Return, word for word, the lines of the listing below from the one with "rw (read_msb, read_lsb, no_length" through the one with "start_is : length", and no other lines.

→ **MATERIAL FOR THIS EXERCISE**:
=====

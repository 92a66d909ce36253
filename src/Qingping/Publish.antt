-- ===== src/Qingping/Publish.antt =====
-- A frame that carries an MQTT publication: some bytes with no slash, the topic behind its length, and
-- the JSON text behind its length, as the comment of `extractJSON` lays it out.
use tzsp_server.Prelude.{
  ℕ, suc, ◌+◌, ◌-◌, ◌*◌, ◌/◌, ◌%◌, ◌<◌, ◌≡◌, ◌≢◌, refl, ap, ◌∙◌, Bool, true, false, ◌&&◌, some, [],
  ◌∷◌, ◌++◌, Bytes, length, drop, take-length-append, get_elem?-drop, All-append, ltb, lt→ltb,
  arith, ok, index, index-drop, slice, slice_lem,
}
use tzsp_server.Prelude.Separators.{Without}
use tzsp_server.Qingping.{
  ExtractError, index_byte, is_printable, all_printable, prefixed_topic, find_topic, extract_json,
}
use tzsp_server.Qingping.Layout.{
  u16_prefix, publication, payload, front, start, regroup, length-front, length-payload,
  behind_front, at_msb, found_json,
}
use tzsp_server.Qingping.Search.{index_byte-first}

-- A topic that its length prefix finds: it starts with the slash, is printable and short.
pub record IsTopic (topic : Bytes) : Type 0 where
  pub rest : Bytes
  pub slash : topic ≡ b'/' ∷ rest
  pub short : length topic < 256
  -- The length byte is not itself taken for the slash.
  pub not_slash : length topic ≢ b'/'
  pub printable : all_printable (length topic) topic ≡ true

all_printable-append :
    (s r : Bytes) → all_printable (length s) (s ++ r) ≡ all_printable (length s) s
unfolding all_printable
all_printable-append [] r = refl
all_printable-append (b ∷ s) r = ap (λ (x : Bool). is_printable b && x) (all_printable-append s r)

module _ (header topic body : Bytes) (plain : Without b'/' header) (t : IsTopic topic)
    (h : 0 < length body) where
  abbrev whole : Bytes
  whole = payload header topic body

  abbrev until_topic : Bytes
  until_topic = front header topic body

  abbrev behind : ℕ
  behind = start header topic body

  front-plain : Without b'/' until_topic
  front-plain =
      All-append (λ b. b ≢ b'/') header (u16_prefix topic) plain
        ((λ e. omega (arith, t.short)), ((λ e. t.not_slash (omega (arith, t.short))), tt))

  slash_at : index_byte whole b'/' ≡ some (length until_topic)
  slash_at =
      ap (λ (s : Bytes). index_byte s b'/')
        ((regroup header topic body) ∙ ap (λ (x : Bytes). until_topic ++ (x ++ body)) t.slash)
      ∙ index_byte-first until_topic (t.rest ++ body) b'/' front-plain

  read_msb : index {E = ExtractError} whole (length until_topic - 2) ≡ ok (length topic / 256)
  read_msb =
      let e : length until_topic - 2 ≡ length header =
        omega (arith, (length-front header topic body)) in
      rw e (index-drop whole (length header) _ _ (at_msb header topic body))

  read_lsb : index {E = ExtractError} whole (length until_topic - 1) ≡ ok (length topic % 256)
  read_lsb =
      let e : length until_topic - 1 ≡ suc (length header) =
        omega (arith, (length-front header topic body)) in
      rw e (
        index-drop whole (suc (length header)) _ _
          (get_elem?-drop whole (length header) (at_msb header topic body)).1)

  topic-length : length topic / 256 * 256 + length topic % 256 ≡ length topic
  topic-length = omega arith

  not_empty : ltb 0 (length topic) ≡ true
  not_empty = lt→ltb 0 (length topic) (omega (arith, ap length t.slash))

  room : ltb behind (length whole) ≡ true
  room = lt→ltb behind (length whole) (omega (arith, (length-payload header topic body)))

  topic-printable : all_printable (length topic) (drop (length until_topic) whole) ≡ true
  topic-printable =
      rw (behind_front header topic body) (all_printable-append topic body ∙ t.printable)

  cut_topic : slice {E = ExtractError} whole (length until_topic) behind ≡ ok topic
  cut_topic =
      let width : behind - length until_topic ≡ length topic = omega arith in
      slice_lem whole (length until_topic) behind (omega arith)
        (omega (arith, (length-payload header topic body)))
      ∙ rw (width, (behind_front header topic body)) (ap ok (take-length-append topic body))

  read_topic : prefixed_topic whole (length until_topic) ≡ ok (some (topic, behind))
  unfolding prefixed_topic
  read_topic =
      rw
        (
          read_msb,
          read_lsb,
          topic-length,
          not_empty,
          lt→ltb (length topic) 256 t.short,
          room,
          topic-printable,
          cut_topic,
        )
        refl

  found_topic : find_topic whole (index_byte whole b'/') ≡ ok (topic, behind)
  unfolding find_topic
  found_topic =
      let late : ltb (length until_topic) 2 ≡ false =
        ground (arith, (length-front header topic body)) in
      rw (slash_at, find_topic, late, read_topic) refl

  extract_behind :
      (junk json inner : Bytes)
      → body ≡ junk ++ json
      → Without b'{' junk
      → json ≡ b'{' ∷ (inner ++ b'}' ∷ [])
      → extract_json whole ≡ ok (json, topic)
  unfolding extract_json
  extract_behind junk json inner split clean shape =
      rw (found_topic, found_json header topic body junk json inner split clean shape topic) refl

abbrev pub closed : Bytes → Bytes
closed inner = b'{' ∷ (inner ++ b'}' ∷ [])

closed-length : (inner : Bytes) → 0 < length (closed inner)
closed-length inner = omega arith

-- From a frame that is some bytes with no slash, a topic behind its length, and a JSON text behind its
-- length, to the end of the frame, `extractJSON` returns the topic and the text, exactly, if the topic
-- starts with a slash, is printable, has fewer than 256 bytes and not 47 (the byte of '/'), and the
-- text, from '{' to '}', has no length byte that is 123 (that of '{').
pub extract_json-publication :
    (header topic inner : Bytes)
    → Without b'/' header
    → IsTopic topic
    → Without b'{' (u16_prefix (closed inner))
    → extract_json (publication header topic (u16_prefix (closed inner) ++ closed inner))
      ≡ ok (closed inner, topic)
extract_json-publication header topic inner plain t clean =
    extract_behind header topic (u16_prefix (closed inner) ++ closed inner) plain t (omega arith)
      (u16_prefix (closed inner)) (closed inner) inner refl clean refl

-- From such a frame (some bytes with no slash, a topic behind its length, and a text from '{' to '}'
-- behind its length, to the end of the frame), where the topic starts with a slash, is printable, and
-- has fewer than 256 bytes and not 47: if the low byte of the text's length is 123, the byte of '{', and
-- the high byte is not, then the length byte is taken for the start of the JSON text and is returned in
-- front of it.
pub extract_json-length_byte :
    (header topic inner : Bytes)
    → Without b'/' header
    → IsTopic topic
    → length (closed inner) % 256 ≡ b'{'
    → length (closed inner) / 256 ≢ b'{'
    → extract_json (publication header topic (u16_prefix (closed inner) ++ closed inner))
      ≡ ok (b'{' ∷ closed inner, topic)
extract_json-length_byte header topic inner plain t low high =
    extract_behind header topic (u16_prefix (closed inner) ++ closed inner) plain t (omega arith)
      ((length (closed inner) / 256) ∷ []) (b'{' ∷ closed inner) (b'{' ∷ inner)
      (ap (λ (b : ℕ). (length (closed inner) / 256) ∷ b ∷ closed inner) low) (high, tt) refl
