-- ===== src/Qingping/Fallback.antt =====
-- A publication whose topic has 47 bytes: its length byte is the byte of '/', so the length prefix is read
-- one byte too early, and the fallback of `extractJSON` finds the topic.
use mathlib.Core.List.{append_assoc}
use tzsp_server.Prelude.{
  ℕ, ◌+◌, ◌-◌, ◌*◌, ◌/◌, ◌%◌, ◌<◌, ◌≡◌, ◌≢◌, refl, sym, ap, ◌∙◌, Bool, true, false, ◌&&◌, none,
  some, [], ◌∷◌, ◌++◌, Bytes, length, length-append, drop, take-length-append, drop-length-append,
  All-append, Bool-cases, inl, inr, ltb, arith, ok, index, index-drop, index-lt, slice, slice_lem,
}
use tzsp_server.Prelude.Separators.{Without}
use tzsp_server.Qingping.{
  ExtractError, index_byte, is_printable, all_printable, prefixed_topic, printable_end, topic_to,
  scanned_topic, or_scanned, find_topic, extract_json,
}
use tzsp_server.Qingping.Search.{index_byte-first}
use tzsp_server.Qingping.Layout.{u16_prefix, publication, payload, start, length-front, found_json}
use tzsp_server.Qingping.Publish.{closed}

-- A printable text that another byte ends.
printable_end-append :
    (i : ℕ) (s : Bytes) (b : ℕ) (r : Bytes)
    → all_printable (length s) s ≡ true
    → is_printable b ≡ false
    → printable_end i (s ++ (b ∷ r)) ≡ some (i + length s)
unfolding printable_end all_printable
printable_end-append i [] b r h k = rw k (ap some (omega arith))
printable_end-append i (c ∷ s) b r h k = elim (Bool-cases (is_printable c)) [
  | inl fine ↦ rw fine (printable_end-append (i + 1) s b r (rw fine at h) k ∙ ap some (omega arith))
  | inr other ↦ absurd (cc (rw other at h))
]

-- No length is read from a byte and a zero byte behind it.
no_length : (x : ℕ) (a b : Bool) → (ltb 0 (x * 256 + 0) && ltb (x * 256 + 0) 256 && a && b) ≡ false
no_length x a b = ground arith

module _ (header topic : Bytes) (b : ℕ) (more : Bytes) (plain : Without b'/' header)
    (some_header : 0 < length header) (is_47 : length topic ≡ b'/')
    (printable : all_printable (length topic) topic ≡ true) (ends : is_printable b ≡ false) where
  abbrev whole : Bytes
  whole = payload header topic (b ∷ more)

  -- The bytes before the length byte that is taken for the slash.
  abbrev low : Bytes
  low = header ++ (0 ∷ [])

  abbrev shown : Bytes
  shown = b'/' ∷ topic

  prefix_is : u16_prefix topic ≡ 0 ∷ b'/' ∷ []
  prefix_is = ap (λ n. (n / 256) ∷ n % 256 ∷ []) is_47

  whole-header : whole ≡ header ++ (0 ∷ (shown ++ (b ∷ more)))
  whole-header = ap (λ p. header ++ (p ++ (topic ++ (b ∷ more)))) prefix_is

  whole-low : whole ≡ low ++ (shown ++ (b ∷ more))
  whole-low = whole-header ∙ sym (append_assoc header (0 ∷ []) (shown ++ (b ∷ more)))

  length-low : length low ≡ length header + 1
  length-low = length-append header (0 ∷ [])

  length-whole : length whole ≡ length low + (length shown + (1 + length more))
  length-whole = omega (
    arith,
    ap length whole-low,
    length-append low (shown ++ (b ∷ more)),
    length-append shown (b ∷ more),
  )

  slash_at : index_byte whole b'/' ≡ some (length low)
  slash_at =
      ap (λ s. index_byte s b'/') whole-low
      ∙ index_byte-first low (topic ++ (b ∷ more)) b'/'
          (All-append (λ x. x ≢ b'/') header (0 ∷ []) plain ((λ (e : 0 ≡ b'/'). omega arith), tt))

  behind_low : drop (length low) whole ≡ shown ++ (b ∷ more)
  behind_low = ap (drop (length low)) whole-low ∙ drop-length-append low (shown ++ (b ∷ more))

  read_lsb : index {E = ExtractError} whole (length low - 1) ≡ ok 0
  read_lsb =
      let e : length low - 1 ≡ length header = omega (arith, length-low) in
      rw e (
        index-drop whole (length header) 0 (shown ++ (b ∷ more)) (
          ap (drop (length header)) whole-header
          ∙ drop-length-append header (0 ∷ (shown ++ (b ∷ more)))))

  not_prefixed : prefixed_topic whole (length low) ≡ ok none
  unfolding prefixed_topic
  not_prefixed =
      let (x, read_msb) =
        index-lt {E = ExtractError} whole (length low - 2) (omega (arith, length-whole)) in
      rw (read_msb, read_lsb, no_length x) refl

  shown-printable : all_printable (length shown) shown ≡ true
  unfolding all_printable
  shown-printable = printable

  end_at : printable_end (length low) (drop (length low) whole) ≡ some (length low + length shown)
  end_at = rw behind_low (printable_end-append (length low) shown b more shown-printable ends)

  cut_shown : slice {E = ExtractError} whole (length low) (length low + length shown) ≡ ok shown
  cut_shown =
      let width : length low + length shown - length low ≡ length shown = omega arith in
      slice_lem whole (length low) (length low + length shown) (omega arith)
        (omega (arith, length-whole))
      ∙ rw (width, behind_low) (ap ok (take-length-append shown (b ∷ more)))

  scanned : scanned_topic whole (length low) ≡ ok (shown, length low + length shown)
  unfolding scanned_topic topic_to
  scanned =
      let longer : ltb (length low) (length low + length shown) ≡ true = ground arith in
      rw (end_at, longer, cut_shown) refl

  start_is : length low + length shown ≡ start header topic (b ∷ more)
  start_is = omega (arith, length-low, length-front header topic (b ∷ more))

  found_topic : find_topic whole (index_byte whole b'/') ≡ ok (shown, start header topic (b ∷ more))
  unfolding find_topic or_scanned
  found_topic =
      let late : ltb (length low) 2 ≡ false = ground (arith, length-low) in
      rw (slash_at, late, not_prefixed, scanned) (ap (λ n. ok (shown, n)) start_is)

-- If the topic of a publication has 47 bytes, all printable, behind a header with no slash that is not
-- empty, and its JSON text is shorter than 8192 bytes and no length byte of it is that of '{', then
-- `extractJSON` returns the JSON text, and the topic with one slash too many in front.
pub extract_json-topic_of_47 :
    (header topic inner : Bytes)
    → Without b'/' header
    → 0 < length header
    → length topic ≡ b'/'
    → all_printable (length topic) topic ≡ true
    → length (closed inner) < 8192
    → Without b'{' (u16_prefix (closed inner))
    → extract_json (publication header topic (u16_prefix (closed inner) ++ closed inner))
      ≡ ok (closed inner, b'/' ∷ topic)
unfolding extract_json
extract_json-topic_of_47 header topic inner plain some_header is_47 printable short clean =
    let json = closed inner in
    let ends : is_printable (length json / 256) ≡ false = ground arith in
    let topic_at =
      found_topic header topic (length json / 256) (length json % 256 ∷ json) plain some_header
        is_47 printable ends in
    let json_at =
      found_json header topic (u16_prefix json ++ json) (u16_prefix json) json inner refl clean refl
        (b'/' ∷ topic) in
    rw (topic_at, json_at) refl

=====

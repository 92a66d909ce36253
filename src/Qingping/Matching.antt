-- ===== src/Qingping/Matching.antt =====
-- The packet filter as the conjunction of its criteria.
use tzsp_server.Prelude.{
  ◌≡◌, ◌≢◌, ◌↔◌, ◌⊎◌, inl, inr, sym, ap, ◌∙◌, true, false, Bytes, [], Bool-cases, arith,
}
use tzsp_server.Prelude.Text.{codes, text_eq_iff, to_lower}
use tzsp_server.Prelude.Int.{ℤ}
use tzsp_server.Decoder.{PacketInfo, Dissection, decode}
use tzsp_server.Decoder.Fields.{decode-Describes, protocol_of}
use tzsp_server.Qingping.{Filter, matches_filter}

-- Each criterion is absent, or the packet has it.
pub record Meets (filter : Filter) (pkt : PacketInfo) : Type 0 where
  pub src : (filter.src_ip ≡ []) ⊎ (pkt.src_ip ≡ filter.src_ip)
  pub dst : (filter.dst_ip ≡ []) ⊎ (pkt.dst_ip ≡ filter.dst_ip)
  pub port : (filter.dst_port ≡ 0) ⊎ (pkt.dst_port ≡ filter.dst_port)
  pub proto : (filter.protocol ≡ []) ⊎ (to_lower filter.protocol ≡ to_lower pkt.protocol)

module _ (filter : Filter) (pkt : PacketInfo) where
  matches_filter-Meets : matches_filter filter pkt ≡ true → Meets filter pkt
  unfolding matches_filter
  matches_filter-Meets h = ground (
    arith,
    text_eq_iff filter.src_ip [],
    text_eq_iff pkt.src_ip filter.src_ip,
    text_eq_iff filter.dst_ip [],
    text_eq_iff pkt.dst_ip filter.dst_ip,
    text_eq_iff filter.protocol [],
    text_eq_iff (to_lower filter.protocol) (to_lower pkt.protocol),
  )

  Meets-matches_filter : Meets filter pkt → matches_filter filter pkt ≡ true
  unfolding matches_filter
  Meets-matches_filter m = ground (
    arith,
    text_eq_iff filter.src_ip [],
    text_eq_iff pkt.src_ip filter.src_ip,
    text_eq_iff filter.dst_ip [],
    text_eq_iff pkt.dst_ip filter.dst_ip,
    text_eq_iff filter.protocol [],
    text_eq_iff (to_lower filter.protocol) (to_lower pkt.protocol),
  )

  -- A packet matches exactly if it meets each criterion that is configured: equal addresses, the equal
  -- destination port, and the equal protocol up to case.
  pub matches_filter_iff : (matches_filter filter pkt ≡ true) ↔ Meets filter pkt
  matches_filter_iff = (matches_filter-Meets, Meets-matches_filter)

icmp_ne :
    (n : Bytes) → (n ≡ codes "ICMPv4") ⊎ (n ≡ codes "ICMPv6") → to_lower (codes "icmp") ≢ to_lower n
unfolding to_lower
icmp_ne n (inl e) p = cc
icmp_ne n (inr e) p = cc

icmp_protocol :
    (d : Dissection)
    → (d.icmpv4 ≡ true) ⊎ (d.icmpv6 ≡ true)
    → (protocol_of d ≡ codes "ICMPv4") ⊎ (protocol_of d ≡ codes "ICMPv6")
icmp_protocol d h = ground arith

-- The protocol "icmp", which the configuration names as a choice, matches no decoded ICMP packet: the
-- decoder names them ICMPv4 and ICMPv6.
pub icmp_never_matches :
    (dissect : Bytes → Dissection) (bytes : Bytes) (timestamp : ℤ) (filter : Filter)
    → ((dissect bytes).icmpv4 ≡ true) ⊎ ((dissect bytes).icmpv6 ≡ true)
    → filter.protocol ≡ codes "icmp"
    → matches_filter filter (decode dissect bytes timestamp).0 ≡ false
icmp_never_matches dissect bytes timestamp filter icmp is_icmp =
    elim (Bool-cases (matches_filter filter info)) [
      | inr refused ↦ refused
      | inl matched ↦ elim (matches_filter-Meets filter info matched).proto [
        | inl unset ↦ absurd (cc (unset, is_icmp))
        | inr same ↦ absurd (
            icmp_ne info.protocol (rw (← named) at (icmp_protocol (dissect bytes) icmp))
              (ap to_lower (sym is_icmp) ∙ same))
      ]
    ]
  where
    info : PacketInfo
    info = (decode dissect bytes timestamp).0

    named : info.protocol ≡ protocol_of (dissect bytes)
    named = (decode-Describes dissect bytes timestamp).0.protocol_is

=====

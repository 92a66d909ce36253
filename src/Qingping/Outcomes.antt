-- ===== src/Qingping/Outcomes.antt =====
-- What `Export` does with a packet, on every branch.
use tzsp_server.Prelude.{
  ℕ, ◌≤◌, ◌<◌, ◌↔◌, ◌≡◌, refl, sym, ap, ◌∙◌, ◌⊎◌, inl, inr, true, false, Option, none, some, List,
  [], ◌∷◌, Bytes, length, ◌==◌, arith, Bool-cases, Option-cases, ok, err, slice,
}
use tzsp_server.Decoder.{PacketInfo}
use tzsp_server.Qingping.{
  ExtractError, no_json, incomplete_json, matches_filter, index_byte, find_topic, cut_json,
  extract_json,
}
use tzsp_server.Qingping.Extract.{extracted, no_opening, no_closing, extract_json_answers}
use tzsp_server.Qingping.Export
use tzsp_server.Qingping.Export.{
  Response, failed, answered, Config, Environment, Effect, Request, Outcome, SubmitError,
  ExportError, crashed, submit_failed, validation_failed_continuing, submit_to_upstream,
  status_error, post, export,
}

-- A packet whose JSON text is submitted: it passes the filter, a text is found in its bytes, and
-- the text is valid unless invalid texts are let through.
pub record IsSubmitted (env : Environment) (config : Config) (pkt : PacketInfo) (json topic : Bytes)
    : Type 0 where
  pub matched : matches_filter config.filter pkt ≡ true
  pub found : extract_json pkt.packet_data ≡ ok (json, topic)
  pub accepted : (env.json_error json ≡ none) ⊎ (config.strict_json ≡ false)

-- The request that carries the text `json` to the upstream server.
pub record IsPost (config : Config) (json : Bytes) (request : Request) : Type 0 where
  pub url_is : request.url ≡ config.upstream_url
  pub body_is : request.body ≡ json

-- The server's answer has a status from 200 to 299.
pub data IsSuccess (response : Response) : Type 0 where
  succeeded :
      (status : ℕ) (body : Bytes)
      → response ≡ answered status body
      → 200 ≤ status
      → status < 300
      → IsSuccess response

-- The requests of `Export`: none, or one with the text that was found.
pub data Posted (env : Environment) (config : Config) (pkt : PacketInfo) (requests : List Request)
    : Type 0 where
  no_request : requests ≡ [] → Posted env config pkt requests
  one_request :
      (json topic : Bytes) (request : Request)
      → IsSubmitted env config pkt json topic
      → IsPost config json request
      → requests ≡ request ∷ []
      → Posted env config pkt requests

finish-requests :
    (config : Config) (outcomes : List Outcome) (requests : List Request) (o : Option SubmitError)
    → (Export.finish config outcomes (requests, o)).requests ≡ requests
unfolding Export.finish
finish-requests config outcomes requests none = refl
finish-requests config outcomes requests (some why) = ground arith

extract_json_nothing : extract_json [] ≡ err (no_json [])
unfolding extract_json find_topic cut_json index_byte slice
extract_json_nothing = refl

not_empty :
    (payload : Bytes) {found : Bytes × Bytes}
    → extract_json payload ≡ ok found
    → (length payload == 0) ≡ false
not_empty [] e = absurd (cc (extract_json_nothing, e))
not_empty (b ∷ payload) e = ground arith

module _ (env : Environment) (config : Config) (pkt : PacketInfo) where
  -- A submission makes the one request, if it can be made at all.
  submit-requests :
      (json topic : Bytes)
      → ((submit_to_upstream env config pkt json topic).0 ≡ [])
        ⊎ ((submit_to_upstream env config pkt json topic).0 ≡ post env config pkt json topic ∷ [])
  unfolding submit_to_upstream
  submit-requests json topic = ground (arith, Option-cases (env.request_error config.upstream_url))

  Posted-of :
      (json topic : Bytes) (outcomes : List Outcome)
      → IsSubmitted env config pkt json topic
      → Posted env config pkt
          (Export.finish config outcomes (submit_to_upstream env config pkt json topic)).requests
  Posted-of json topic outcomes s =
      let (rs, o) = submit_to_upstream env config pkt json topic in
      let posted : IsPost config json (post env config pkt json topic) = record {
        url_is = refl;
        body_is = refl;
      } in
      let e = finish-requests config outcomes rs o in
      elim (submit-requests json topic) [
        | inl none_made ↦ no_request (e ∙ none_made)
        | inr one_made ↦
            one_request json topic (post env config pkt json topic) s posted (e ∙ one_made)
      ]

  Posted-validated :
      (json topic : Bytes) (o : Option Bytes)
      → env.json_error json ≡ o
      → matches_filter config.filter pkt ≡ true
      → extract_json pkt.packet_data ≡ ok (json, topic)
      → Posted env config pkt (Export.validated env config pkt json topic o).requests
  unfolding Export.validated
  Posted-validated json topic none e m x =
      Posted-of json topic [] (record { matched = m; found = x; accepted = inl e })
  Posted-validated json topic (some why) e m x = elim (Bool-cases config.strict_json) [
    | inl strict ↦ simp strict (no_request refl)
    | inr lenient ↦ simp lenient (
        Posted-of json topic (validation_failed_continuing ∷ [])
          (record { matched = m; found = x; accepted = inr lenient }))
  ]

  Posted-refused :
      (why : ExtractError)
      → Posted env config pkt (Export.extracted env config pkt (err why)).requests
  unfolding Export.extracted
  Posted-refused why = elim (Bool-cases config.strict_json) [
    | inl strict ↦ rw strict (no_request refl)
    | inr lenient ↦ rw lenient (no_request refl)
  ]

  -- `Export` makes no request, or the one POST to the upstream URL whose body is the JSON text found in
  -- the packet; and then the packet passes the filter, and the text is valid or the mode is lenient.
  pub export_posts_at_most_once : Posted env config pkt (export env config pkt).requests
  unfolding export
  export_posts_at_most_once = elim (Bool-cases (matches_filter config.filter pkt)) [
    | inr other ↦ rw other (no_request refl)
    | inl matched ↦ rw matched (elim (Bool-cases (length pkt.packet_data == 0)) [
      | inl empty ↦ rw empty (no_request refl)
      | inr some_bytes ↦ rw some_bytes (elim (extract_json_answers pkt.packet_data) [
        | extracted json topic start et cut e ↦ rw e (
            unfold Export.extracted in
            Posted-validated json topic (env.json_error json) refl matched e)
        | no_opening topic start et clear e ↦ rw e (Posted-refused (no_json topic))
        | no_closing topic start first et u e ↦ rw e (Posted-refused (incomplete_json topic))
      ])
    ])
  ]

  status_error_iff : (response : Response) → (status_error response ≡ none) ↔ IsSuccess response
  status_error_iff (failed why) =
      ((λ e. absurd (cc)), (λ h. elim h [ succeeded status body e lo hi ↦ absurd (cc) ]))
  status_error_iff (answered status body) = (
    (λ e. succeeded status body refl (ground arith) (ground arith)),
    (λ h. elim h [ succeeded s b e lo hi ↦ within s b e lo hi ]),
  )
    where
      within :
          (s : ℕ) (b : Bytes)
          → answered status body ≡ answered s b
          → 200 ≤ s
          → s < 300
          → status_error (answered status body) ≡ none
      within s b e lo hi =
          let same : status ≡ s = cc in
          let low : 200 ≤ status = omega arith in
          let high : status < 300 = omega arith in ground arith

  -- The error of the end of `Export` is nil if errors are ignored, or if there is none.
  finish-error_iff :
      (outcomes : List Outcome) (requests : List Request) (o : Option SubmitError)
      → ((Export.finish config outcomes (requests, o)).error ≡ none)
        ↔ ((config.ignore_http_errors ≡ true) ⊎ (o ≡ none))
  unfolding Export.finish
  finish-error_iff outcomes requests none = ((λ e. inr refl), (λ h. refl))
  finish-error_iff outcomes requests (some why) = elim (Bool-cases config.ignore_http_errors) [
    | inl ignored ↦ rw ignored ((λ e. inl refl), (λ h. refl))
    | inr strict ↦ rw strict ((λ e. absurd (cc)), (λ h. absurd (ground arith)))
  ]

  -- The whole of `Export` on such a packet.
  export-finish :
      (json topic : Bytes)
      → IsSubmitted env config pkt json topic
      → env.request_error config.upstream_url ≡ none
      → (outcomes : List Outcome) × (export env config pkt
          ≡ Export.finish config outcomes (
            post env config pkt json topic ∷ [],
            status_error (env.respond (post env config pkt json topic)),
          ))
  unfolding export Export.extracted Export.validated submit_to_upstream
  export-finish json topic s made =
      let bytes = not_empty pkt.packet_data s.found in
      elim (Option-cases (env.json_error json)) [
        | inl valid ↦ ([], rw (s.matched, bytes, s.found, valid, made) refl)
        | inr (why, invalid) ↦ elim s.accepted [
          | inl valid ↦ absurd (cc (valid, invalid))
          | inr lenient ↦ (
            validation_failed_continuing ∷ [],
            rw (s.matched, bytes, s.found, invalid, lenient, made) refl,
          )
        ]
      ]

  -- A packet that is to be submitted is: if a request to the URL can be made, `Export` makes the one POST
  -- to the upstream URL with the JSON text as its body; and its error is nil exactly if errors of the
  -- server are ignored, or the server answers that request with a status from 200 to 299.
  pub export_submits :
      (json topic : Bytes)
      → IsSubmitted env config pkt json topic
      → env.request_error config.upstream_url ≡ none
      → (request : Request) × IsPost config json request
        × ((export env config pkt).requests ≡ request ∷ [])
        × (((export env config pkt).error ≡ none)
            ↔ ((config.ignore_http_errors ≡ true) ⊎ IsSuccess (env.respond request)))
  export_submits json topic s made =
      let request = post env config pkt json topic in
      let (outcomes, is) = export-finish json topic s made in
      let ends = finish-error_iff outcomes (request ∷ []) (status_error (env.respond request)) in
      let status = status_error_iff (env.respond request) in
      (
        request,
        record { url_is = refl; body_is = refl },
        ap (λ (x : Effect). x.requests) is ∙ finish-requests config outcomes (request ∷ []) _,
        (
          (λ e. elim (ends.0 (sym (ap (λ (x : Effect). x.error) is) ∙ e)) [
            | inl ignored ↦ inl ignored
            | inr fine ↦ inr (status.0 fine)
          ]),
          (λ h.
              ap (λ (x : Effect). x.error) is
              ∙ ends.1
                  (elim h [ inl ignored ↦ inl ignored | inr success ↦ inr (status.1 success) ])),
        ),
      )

=====

→ **ANSWER BOX**:
      rw (read_msb, read_lsb, no_length x) refl

  shown-printable : all_printable (length shown) shown ≡ true
  unfolding all_printable
  shown-printable = printable

  end_at : printable_end (length low) (drop (length low) whole) ≡ some (length low + length shown)
  end_at = rw behind_low (printable_end-append (length low) shown b more shown-printable ends)

  cut_shown : slice {E = ExtractError} whole (length low) (length low + length shown) ≡ ok shown
  cut_shown =
      let width : length low + length shown - length low ≡ length shown = omega arith in
      slice_lem whole (length low) (length low + length shown) (omega arith)
        (omega (arith, length-whole))
      ∙ rw (width, behind_low) (ap ok (take-length-append shown (b ∷ more)))

  scanned : scanned_topic whole (length low) ≡ ok (shown, length low + length shown)
  unfolding scanned_topic topic_to
  scanned =
      let longer : ltb (length low) (length low + length shown) ≡ true = ground arith in
      rw (end_at, longer, cut_shown) refl

  start_is : length low + length shown ≡ start header topic (b ∷ more)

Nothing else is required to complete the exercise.